• _WHAT THE TASK REQUIRES_
Each entry has to be reproduced in full, exactly as given.

• _RECORDS FOR THIS EXERCISE_
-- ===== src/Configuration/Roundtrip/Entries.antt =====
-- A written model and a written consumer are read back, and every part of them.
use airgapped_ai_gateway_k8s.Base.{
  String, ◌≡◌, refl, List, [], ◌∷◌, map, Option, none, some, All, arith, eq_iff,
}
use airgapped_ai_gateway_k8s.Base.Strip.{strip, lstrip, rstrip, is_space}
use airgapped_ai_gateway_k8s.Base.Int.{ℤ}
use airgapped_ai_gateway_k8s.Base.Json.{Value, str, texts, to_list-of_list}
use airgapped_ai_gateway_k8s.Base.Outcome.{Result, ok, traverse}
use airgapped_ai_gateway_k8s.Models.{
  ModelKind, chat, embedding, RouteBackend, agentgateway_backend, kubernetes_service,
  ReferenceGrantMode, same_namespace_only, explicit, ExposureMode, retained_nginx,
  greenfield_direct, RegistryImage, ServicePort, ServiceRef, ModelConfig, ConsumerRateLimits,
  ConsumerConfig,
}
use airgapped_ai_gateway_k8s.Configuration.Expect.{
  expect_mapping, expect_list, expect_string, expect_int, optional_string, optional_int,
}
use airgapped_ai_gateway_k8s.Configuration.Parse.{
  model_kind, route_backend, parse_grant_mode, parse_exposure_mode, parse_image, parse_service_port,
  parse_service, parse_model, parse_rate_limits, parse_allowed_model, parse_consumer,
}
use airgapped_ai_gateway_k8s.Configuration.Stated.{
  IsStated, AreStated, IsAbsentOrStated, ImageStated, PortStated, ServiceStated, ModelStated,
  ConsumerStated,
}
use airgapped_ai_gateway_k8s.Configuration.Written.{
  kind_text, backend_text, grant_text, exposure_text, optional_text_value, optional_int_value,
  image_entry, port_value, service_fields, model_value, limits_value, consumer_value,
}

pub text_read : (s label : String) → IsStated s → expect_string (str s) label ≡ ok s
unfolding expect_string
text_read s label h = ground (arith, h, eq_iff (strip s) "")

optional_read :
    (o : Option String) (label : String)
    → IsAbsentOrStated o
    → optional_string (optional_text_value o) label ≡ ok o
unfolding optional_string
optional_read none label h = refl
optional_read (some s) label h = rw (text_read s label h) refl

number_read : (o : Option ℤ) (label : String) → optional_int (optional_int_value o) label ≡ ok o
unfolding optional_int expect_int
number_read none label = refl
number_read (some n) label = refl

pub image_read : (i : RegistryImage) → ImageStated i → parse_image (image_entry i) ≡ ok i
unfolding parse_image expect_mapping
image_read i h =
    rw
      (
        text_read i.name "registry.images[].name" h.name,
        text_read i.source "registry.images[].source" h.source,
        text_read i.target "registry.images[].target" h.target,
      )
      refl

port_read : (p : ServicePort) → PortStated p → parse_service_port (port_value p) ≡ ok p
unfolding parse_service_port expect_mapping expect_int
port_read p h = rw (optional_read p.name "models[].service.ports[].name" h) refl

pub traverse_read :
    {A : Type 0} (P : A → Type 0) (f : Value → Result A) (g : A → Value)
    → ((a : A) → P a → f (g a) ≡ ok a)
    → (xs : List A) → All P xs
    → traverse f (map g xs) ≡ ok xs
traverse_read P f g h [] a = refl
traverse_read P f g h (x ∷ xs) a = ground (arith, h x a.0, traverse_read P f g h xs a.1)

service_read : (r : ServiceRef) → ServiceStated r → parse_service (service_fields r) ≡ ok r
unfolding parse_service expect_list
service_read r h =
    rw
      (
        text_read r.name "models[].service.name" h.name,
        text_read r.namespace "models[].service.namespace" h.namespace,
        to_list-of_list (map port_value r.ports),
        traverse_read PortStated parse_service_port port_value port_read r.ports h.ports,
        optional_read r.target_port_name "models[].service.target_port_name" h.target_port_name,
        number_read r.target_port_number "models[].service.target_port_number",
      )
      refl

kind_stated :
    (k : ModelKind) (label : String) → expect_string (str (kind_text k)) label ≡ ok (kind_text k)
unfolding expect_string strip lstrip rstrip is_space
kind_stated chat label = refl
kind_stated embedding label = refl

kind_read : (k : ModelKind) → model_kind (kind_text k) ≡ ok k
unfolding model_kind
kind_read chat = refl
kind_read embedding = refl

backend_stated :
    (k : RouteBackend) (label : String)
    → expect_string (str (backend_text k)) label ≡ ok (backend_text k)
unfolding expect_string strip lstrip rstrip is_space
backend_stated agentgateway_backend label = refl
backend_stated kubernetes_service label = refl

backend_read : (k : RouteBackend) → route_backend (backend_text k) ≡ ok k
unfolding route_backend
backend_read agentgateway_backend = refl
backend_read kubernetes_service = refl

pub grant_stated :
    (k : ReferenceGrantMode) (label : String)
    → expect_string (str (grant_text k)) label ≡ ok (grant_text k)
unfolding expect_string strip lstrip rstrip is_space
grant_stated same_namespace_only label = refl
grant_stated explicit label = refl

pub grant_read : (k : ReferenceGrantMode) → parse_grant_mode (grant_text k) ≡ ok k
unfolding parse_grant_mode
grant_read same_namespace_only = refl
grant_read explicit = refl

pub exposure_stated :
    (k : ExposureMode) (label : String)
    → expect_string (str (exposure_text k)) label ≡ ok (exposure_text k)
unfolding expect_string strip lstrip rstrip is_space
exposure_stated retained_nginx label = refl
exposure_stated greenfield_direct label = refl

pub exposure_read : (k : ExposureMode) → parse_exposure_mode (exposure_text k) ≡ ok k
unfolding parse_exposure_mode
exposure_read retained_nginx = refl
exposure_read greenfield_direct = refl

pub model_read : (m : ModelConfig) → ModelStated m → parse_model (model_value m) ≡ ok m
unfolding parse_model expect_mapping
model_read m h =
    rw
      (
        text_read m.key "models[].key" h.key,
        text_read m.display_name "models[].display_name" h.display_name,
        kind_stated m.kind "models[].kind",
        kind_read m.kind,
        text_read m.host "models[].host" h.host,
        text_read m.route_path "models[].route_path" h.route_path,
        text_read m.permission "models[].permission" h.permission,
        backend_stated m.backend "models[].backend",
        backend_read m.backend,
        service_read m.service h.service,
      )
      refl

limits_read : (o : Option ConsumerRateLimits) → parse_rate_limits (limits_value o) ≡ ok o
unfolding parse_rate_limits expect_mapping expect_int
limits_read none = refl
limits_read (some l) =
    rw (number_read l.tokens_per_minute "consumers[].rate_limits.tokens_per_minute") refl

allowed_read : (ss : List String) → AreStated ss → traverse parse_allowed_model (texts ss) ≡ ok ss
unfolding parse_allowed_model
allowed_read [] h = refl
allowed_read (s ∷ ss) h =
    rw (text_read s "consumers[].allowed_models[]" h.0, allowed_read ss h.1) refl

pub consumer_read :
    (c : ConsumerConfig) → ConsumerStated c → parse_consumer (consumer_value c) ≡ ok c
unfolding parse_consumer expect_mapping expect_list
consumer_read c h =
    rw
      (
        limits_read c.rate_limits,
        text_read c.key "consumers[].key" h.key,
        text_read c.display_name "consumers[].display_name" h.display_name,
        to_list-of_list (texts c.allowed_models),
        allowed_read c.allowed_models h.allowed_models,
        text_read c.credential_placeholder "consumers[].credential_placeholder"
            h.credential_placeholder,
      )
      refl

• _SOLUTION_
-- ===== src/Configuration/Roundtrip/Entries.antt =====
-- A written model and a written consumer are read back, and every part of them.
use airgapped_ai_gateway_k8s.Base.{
  String, ◌≡◌, refl, List, [], ◌∷◌, map, Option, none, some, All, arith, eq_iff,
}
use airgapped_ai_gateway_k8s.Base.Strip.{strip, lstrip, rstrip, is_space}
use airgapped_ai_gateway_k8s.Base.Int.{ℤ}
use airgapped_ai_gateway_k8s.Base.Json.{Value, str, texts, to_list-of_list}
use airgapped_ai_gateway_k8s.Base.Outcome.{Result, ok, traverse}
use airgapped_ai_gateway_k8s.Models.{
  ModelKind, chat, embedding, RouteBackend, agentgateway_backend, kubernetes_service,
  ReferenceGrantMode, same_namespace_only, explicit, ExposureMode, retained_nginx,
  greenfield_direct, RegistryImage, ServicePort, ServiceRef, ModelConfig, ConsumerRateLimits,
  ConsumerConfig,
}
use airgapped_ai_gateway_k8s.Configuration.Expect.{
  expect_mapping, expect_list, expect_string, expect_int, optional_string, optional_int,
}
use airgapped_ai_gateway_k8s.Configuration.Parse.{
  model_kind, route_backend, parse_grant_mode, parse_exposure_mode, parse_image, parse_service_port,
  parse_service, parse_model, parse_rate_limits, parse_allowed_model, parse_consumer,
}
use airgapped_ai_gateway_k8s.Configuration.Stated.{
  IsStated, AreStated, IsAbsentOrStated, ImageStated, PortStated, ServiceStated, ModelStated,
  ConsumerStated,
}
use airgapped_ai_gateway_k8s.Configuration.Written.{
  kind_text, backend_text, grant_text, exposure_text, optional_text_value, optional_int_value,
  image_entry, port_value, service_fields, model_value, limits_value, consumer_value,
}

pub text_read : (s label : String) → IsStated s → expect_string (str s) label ≡ ok s
unfolding expect_string
text_read s label h = ground (arith, h, eq_iff (strip s) "")

optional_read :
    (o : Option String) (label : String)
    → IsAbsentOrStated o
    → optional_string (optional_text_value o) label ≡ ok o
unfolding optional_string
optional_read none label h = refl
optional_read (some s) label h = rw (text_read s label h) refl

number_read : (o : Option ℤ) (label : String) → optional_int (optional_int_value o) label ≡ ok o
unfolding optional_int expect_int
number_read none label = refl
number_read (some n) label = refl

pub image_read : (i : RegistryImage) → ImageStated i → parse_image (image_entry i) ≡ ok i
unfolding parse_image expect_mapping
image_read i h =
    rw
      (
        text_read i.name "registry.images[].name" h.name,
        text_read i.source "registry.images[].source" h.source,
        text_read i.target "registry.images[].target" h.target,
      )
      refl

port_read : (p : ServicePort) → PortStated p → parse_service_port (port_value p) ≡ ok p
unfolding parse_service_port expect_mapping expect_int
port_read p h = rw (optional_read p.name "models[].service.ports[].name" h) refl

pub traverse_read :
    {A : Type 0} (P : A → Type 0) (f : Value → Result A) (g : A → Value)
    → ((a : A) → P a → f (g a) ≡ ok a)
    → (xs : List A) → All P xs
    → traverse f (map g xs) ≡ ok xs
traverse_read P f g h [] a = refl
traverse_read P f g h (x ∷ xs) a = ground (arith, h x a.0, traverse_read P f g h xs a.1)

service_read : (r : ServiceRef) → ServiceStated r → parse_service (service_fields r) ≡ ok r
unfolding parse_service expect_list
service_read r h =
    rw
      (
        text_read r.name "models[].service.name" h.name,
        text_read r.namespace "models[].service.namespace" h.namespace,
        to_list-of_list (map port_value r.ports),
        traverse_read PortStated parse_service_port port_value port_read r.ports h.ports,
        optional_read r.target_port_name "models[].service.target_port_name" h.target_port_name,
        number_read r.target_port_number "models[].service.target_port_number",
      )
      refl

kind_stated :
    (k : ModelKind) (label : String) → expect_string (str (kind_text k)) label ≡ ok (kind_text k)
unfolding expect_string strip lstrip rstrip is_space
kind_stated chat label = refl
kind_stated embedding label = refl

kind_read : (k : ModelKind) → model_kind (kind_text k) ≡ ok k
unfolding model_kind
kind_read chat = refl
kind_read embedding = refl

backend_stated :
    (k : RouteBackend) (label : String)
    → expect_string (str (backend_text k)) label ≡ ok (backend_text k)
unfolding expect_string strip lstrip rstrip is_space
backend_stated agentgateway_backend label = refl
backend_stated kubernetes_service label = refl

backend_read : (k : RouteBackend) → route_backend (backend_text k) ≡ ok k
unfolding route_backend
backend_read agentgateway_backend = refl
backend_read kubernetes_service = refl

pub grant_stated :
    (k : ReferenceGrantMode) (label : String)
    → expect_string (str (grant_text k)) label ≡ ok (grant_text k)
unfolding expect_string strip lstrip rstrip is_space
grant_stated same_namespace_only label = refl
grant_stated explicit label = refl

pub grant_read : (k : ReferenceGrantMode) → parse_grant_mode (grant_text k) ≡ ok k
unfolding parse_grant_mode
grant_read same_namespace_only = refl
grant_read explicit = refl

pub exposure_stated :
    (k : ExposureMode) (label : String)
    → expect_string (str (exposure_text k)) label ≡ ok (exposure_text k)
unfolding expect_string strip lstrip rstrip is_space
exposure_stated retained_nginx label = refl
exposure_stated greenfield_direct label = refl

pub exposure_read : (k : ExposureMode) → parse_exposure_mode (exposure_text k) ≡ ok k
unfolding parse_exposure_mode
exposure_read retained_nginx = refl
exposure_read greenfield_direct = refl

pub model_read : (m : ModelConfig) → ModelStated m → parse_model (model_value m) ≡ ok m
unfolding parse_model expect_mapping
model_read m h =
    rw
      (
        text_read m.key "models[].key" h.key,
        text_read m.display_name "models[].display_name" h.display_name,
        kind_stated m.kind "models[].kind",
        kind_read m.kind,
        text_read m.host "models[].host" h.host,
        text_read m.route_path "models[].route_path" h.route_path,
        text_read m.permission "models[].permission" h.permission,
        backend_stated m.backend "models[].backend",
        backend_read m.backend,
        service_read m.service h.service,
      )
      refl

limits_read : (o : Option ConsumerRateLimits) → parse_rate_limits (limits_value o) ≡ ok o
unfolding parse_rate_limits expect_mapping expect_int
limits_read none = refl
limits_read (some l) =
    rw (number_read l.tokens_per_minute "consumers[].rate_limits.tokens_per_minute") refl

allowed_read : (ss : List String) → AreStated ss → traverse parse_allowed_model (texts ss) ≡ ok ss
unfolding parse_allowed_model
allowed_read [] h = refl
allowed_read (s ∷ ss) h =
    rw (text_read s "consumers[].allowed_models[]" h.0, allowed_read ss h.1) refl

pub consumer_read :
    (c : ConsumerConfig) → ConsumerStated c → parse_consumer (consumer_value c) ≡ ok c
unfolding parse_consumer expect_mapping expect_list
consumer_read c h =
    rw
      (
        limits_read c.rate_limits,
        text_read c.key "consumers[].key" h.key,
        text_read c.display_name "consumers[].display_name" h.display_name,
        to_list-of_list (texts c.allowed_models),
        allowed_read c.allowed_models h.allowed_models,
        text_read c.credential_placeholder "consumers[].credential_placeholder"
            h.credential_placeholder,
      )
      refl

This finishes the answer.